Sounds too easy though. I've been unbelievably thirsty lately. :)
And I took a test to make sure I'm not pregnant even though I knew I wasn't. And I'm not, so I am relieved about that.
On the other hand, I seem stuck in endless PMS, constantly tearful and having the most horrid thoughts.
Posted by MidnightBlue on May 8, 2007, at 0:10:50
In reply to One good thing » MidnightBlue, posted by Dinah on May 7, 2007, at 19:34:53
This was NOT a good day. If it was a not great for you food I ate it! And NO water not even one sip. Ice tea (without sugar) was the best I managed.
Can we start this coming Monday? I need to get good for you food in the house. Yeah I'll let you off on the water thing if I can count unsweetened tea. :-)
Posted by Dinah on May 8, 2007, at 8:51:51
In reply to Re: One good thing » Dinah, posted by MidnightBlue on May 8, 2007, at 0:10:50
I'm fine with that. :)
Actually, the last nutritionist I saw, when seeing my face on being told how much water I should drink, listed a variety of alternatives which did not include Diet Coke. :)
I weighed myself this morning, and I'm under two hundred. Not by a lot, but by some. Unfortunately, I think I've got almost no water retention right now, so if I go back to normal I might tip a bit over.
At least it's not the heaviest I've ever been.
I'm trying to figure out if feeling a bit unwell is helping or hurting. I don't feel the desire to eat as much, but when I do eat, it's nothing but bread and potatoes and other high calorie things that are soothing to the tummy.

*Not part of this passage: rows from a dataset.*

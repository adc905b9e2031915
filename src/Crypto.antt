-- ===== src/Crypto.antt =====
-- What the service takes from the cryptographic and encoding packages. Digests and ciphers are
-- parameters; `encoding/hex` is written out.
use abc_auth_svc.Base.{
  ℕ, ◌+◌, ◌/◌, ◌%◌, ◌<◌, ◌≡◌, Option, some, [], ◌∷◌, arith, ltb, if◌then◌else◌, All, Bytes, Lacks,
}

abbrev pub IsByte : ℕ → Type 0
IsByte c = c < 256

-- encoding/base64: `URLEncoding` (padded) and `RawURLEncoding` (not padded).
pub record Base64 : Type 0 where
  pub encode : Bytes → Bytes
  pub encode_raw : Bytes → Bytes
  pub decode : Bytes → Option Bytes
  pub decode_raw : Bytes → Option Bytes
  pub decode-encode : (s : Bytes) → All IsByte s → decode (encode s) ≡ some s
  pub decode-nil : decode [] ≡ some []

-- crypto/hmac over crypto/sha256, and crypto/sha256: a digest is a byte string.
pub record Digests : Type 0 where
  pub hmac_sha256 : Bytes → Bytes → Bytes
  pub sha256 : Bytes → Bytes
  pub hmac-IsByte : (k m : Bytes) → All IsByte (hmac_sha256 k m)

hex_digit : ℕ → ℕ
hex_digit n = if ltb n 10 then n + 48 else n + 87

-- hex.EncodeToString
unfoldable pub hex_encode : Bytes → Bytes
unfolding hex_digit
hex_encode [] = []
hex_encode (c ∷ s) = hex_digit (c / 16) ∷ hex_digit (c % 16) ∷ hex_encode s

pub hex_encode-Lacks : (s : Bytes) → Lacks b':' (hex_encode s)
unfolding hex_encode
hex_encode-Lacks [] = tt
hex_encode-Lacks (c ∷ s) = (ground arith, (ground arith, hex_encode-Lacks s))

pub hex_encode-IsByte : (s : Bytes) → All IsByte s → All IsByte (hex_encode s)
unfolding hex_encode
hex_encode-IsByte [] h = tt
hex_encode-IsByte (c ∷ s) (b, h) = (ground arith, (ground arith, hex_encode-IsByte s h))

-- sha256Hex (exchange.go)
unfoldable pub sha256_hex : Digests → Bytes → Bytes
sha256_hex digests s = hex_encode (digests.sha256 s)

Posted by Dinah on July 26, 2007, at 10:05:49
In reply to Re: One good thing » MidnightBlue, posted by Dinah on May 8, 2007, at 8:51:51
My size 18 clothes are feeling too tight, although size 20's are still too big. But if I'm between sizes right now, I'm sure not going to go up one and have to buy a whole new wardrobe.

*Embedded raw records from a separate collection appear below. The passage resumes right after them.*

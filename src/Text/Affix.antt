-- ===== src/Text/Affix.antt =====
-- Laws of prefixes and suffixes.
use abc_auth_svc.Base.{
  ◌-◌, ◌≡◌, refl, true, [], ◌∷◌, ◌++◌, arith, length, drop, length-append, take-append_left,
  drop-append_left, Bytes, ==_refl,
}
use abc_auth_svc.Text.{has_prefix, trim_prefix, has_suffix, cut_end, trim_suffix}

pub has_prefix-append : (p s : Bytes) → has_prefix (p ++ s) p ≡ true
unfolding has_prefix
has_prefix-append [] s = refl
has_prefix-append (c ∷ p) s = ground (arith, has_prefix-append p s)

-- A string with the prefix `p` is `p` followed by what `TrimPrefix` leaves.
pub eq-append_of_has_prefix : (s p : Bytes) → has_prefix s p ≡ true → s ≡ p ++ drop (length p) s
unfolding has_prefix
eq-append_of_has_prefix s [] h = refl
eq-append_of_has_prefix [] (c ∷ p) h = cc
eq-append_of_has_prefix (d ∷ s) (c ∷ p) h = ground (arith, eq-append_of_has_prefix s p)

pub trim_prefix-append : (p s : Bytes) → trim_prefix (p ++ s) p ≡ s
unfolding trim_prefix
trim_prefix-append p s = rw (has_prefix-append p s) (drop-append_left p s)

pub has_suffix-append : (s p : Bytes) → has_suffix (s ++ p) p ≡ true
unfolding has_suffix
has_suffix-append s p =
    let e : length (s ++ p) - length p ≡ length s = omega (arith, length-append s p) in
    rw (e, drop-append_left s p, ==_refl p) (ground (arith, length-append s p))

pub trim_suffix-append : (s p : Bytes) → trim_suffix (s ++ p) p ≡ s
unfolding trim_suffix
trim_suffix-append s p =
    let e : length (s ++ p) - length p ≡ length s = omega (arith, length-append s p) in
    rw (has_suffix-append s p, cut_end, e) (take-append_left s p)
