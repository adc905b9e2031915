-- ===== src/Naming.antt =====
-- internal/authsvc/naming.go: the namespace of a research group.
use abc_auth_svc.Base.{◌≡◌, true, ◌++◌, arith, if◌then◌else◌, Bytes, codes}
use abc_auth_svc.Text.{has_prefix}
use abc_auth_svc.Text.Affix.{has_prefix-append}

abbrev pub ns_prefix : Bytes
ns_prefix = codes "su-"

unfoldable pub namespace_for_group : Bytes → Bytes
namespace_for_group group = if has_prefix group ns_prefix then group else ns_prefix ++ group

-- Every namespace carries the prefix.
pub namespace_for_group-prefix : (g : Bytes) → has_prefix (namespace_for_group g) ns_prefix ≡ true
unfolding namespace_for_group
namespace_for_group-prefix g = ground (arith, has_prefix-append ns_prefix g)

-- A namespace is its own namespace: the prefix is never doubled.
pub namespace_for_group_idem :
    (g : Bytes) → namespace_for_group (namespace_for_group g) ≡ namespace_for_group g
unfolding namespace_for_group
namespace_for_group_idem g = ground (arith, has_prefix-append ns_prefix g)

Plus since my attitude towards work has entirely changed for the positive, I find I'm still having trouble doing it. I have to suspect that my poor physical condition is affecting this. I'm exhausted just leaning over nowadays.

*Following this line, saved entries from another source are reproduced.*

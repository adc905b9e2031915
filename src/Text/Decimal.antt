-- ===== src/Text/Decimal.antt =====
-- strconv.FormatInt of a count that is not negative, and strconv.ParseInt(s, 10, 64).
use abc_auth_svc.Base.{
  ℕ, zero, suc, ◌+◌, ◌-◌, ◌*◌, ◌/◌, ◌%◌, ◌≤◌, ◌<◌, ◌≡◌, refl, ◌∙◌, ◌≢◌, Bool, true, false, ◌&&◌,
  Option, none, some, [], ◌∷◌, arith, ltb, leb, nat_eq, if◌then◌else◌, All, Bytes, Lacks,
}

-- `negative n` is -n.
pub data Int64 : Type 0 where
  positive negative : ℕ → Int64

abbrev pub max_int64 : ℕ
max_int64 = 9223372036854775807

-- With fuel for each digit.
decimal_from : ℕ → ℕ → Bytes → Bytes
decimal_from zero n out = out
decimal_from (suc f) n out = elim (ltb n 10) [
  | true ↦ (48 + n) ∷ out
  | false ↦ decimal_from f (n / 10) ((48 + n % 10) ∷ out)
]

unfoldable pub decimal : ℕ → Bytes
unfolding decimal_from
decimal n = decimal_from (suc n) n []

abbrev pub IsDigit : ℕ → Type 0
IsDigit c = (48 ≤ c) × (c ≤ 57)

unfoldable pub is_digit : ℕ → Bool
is_digit c = leb 48 c && leb c 57

-- The value of a run of digits, read after the digits of `acc`.
unfoldable pub digits_value : ℕ → Bytes → Option ℕ
unfolding is_digit
digits_value acc [] = some acc
digits_value acc (c ∷ s) = elim (is_digit c) [
  | true ↦ digits_value (acc * 10 + (c - 48)) s
  | false ↦ none
]

-- At least one digit.
unfoldable pub unsigned : Bytes → Option ℕ
unfolding digits_value
unsigned [] = none
unsigned (c ∷ s) = digits_value 0 (c ∷ s)

up_to : ℕ → (ℕ → Int64) → Option ℕ → Option Int64
up_to bound sign none = none
up_to bound sign (some n) = if leb n bound then some (sign n) else none

-- A sign, then digits, in the range of an int64; `none` is the error.
unfoldable pub parse_int : Bytes → Option Int64
unfolding unsigned up_to
parse_int [] = none
parse_int (c ∷ s) =
    if nat_eq c b'-'
    then up_to (max_int64 + 1) negative (unsigned s)
    else if nat_eq c b'+'
    then up_to max_int64 positive (unsigned s)
    else up_to max_int64 positive (unsigned (c ∷ s))

-- `a > b` between a time that is not negative and a parsed number.
unfoldable pub exceeds : ℕ → Int64 → Bool
exceeds a (positive n) = ltb n a
exceeds a (negative zero) = ltb 0 a
exceeds a (negative (suc n)) = true

decimal_from-value :
    (f n : ℕ) (out : Bytes) → n < f → digits_value 0 (decimal_from f n out) ≡ digits_value n out
unfolding decimal_from digits_value
decimal_from-value zero n out h = elim h [ ]
decimal_from-value (suc f) n out h =
    ground (arith, decimal_from-value f (n / 10) ((48 + n % 10) ∷ out))

pub digits_value-decimal : (n : ℕ) → digits_value 0 (decimal n) ≡ some n
unfolding decimal
digits_value-decimal n =
    decimal_from-value (suc n) n [] (omega arith) ∙ (unfold digits_value in refl)

decimal_from-digits : (f n : ℕ) (out : Bytes) → All IsDigit out → All IsDigit (decimal_from f n out)
unfolding decimal_from
decimal_from-digits zero n out h = h
decimal_from-digits (suc f) n out h =
    let d : IsDigit (48 + n % 10) = omega arith in
    let ih = decimal_from-digits f (n / 10) ((48 + n % 10) ∷ out) (d, h) in ground arith

pub decimal-digits : (n : ℕ) → All IsDigit (decimal n)
unfolding decimal
decimal-digits n = decimal_from-digits (suc n) n [] tt

pub Lacks-of_digits : (c : ℕ) (s : Bytes) → 57 < c → All IsDigit s → Lacks c s
Lacks-of_digits c [] h d = tt
Lacks-of_digits c (x ∷ s) h (d, ds) = (ground arith, Lacks-of_digits c s h ds)

parse_int_of_digits :
    (s : Bytes) (n : ℕ)
    → All IsDigit s
    → digits_value 0 s ≡ some n
    → s ≢ []
    → n ≤ max_int64
    → parse_int s ≡ some (positive n)
unfolding parse_int
parse_int_of_digits [] n d v ne h = absurd (ne refl)
parse_int_of_digits (c ∷ s) n d v ne h = ground arith

decimal_from-ne-nil : (f n c : ℕ) (out : Bytes) → decimal_from f n (c ∷ out) ≢ []
unfolding decimal_from
decimal_from-ne-nil zero n c out = cc
decimal_from-ne-nil (suc f) n c out =
    ground (arith, decimal_from-ne-nil f (n / 10) (48 + n % 10) (c ∷ out))

decimal-ne-nil : (n : ℕ) → decimal n ≢ []
unfolding decimal decimal_from
decimal-ne-nil n = ground (arith, decimal_from-ne-nil n (n / 10) (48 + n % 10) [])

-- What is printed is read back.
pub parse_int-decimal : (n : ℕ) → n ≤ max_int64 → parse_int (decimal n) ≡ some (positive n)
parse_int-decimal n h =
    parse_int_of_digits (decimal n) n (decimal-digits n) (digits_value-decimal n) (decimal-ne-nil n)
      h
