-- ===== src/Text/Int.antt =====
-- Go's `int` of 64 bits, and strconv.Itoa.
use abc_auth_svc.Base.{
  ◌≤◌, ℕ, zero, suc, ◌+◌, ◌<◌, ◌≡◌, sym, ap, ◌∙◌, subst, ◌≢◌, ◌⊎◌, inl, inr, some, ◌∷◌, arith, leb,
  if◌then◌else◌, Bool-cases, drop, All, Bytes, Lacks,
}
use abc_auth_svc.Text.Decimal.{
  decimal, max_int64, IsDigit, digits_value, digits_value-decimal, decimal-digits, Lacks-of_digits,
}

-- `pos n` is n, and `negsuc n` is -(n + 1).
pub data ℤ : Type 0 where
  pos negsuc : ℕ → ℤ

-- v + 1, which wraps to the smallest int after the largest.
unfoldable pub next_int : ℤ → ℤ
next_int (pos n) = if leb max_int64 n then negsuc max_int64 else pos (n + 1)
next_int (negsuc zero) = pos 0
next_int (negsuc (suc n)) = negsuc n

unfoldable pub itoa : ℤ → Bytes
itoa (pos n) = decimal n
itoa (negsuc n) = b'-' ∷ decimal (suc n)

abbrev pub Below : ℤ → ℤ → Type 0
Below (pos m) (pos n) = m < n
Below (pos m) (negsuc n) = ⊥
Below (negsuc m) (pos n) = Unit
Below (negsuc m) (negsuc n) = n < m

-- No int is above it.
abbrev pub IsLargest : ℤ → Type 0
IsLargest (pos n) = max_int64 ≤ n
IsLargest (negsuc n) = ⊥

-- One more is above, but for the largest int.
pub next_int-Below : (v : ℤ) → Below v (next_int v) ⊎ IsLargest v
unfolding next_int
next_int-Below (pos n) = elim (Bool-cases (leb max_int64 n)) [
  | inl e ↦ inr (ground arith)
  | inr e ↦ inl (rw e (omega arith))
]
next_int-Below (negsuc zero) = inl tt
next_int-Below (negsuc (suc n)) = inl (omega arith)

decimal-injective : (m n : ℕ) → decimal m ≡ decimal n → m ≡ n
decimal-injective m n e =
    let q : some m ≡ some n =
      sym (digits_value-decimal m) ∙ ap (digits_value 0) e ∙ digits_value-decimal n in
    ground arith

no_sign : (m n : ℕ) → decimal m ≢ b'-' ∷ decimal n
no_sign m n e = let (low, _) = subst (All IsDigit) e (decimal-digits m) in absurd (ground arith)

-- What is printed determines the number.
pub itoa-injective : (v v' : ℤ) → itoa v ≡ itoa v' → v ≡ v'
unfolding itoa
itoa-injective (pos m) (pos n) e = ap pos (decimal-injective m n e)
itoa-injective (pos m) (negsuc n) e = absurd (no_sign m (suc n) e)
itoa-injective (negsuc m) (pos n) e = absurd (no_sign n (suc m) (sym e))
itoa-injective (negsuc m) (negsuc n) e =
    let q = decimal-injective (suc m) (suc n) (ap (drop 1) e) in
    let same : m ≡ n = ground arith in ap negsuc same

-- Signs and digits are below any later byte.
pub itoa-Lacks : (c : ℕ) (v : ℤ) → 57 < c → Lacks c (itoa v)
unfolding itoa
itoa-Lacks c (pos n) h = Lacks-of_digits c (decimal n) h (decimal-digits n)
itoa-Lacks c (negsuc n) h =
    (ground arith, Lacks-of_digits c (decimal (suc n)) h (decimal-digits (suc n)))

I'm not eating more. I'm probably consuming fewer calories since I've almost totally cut out sugar filled drinks, and since my tastes have changed so that things that used to taste good now taste too rich or too sweet. So I have to conclude that my weight gain is due to some metabolism shift that goes with age fortyfive.
I hate the idea of dieting. I get so crabby and it's so hard to concentrate.
But this just can't continue.
Posted by Dinah on August 21, 2007, at 12:32:48
In reply to Time to get seriously serious, posted by Dinah on July 26, 2007, at 10:05:49
This is not going well.
I know I need to exercise, but it's so darn hot.
At least I'm not eating much. The foods that are bad for me have started to treat me badly more immediately, which is both good and bad I guess.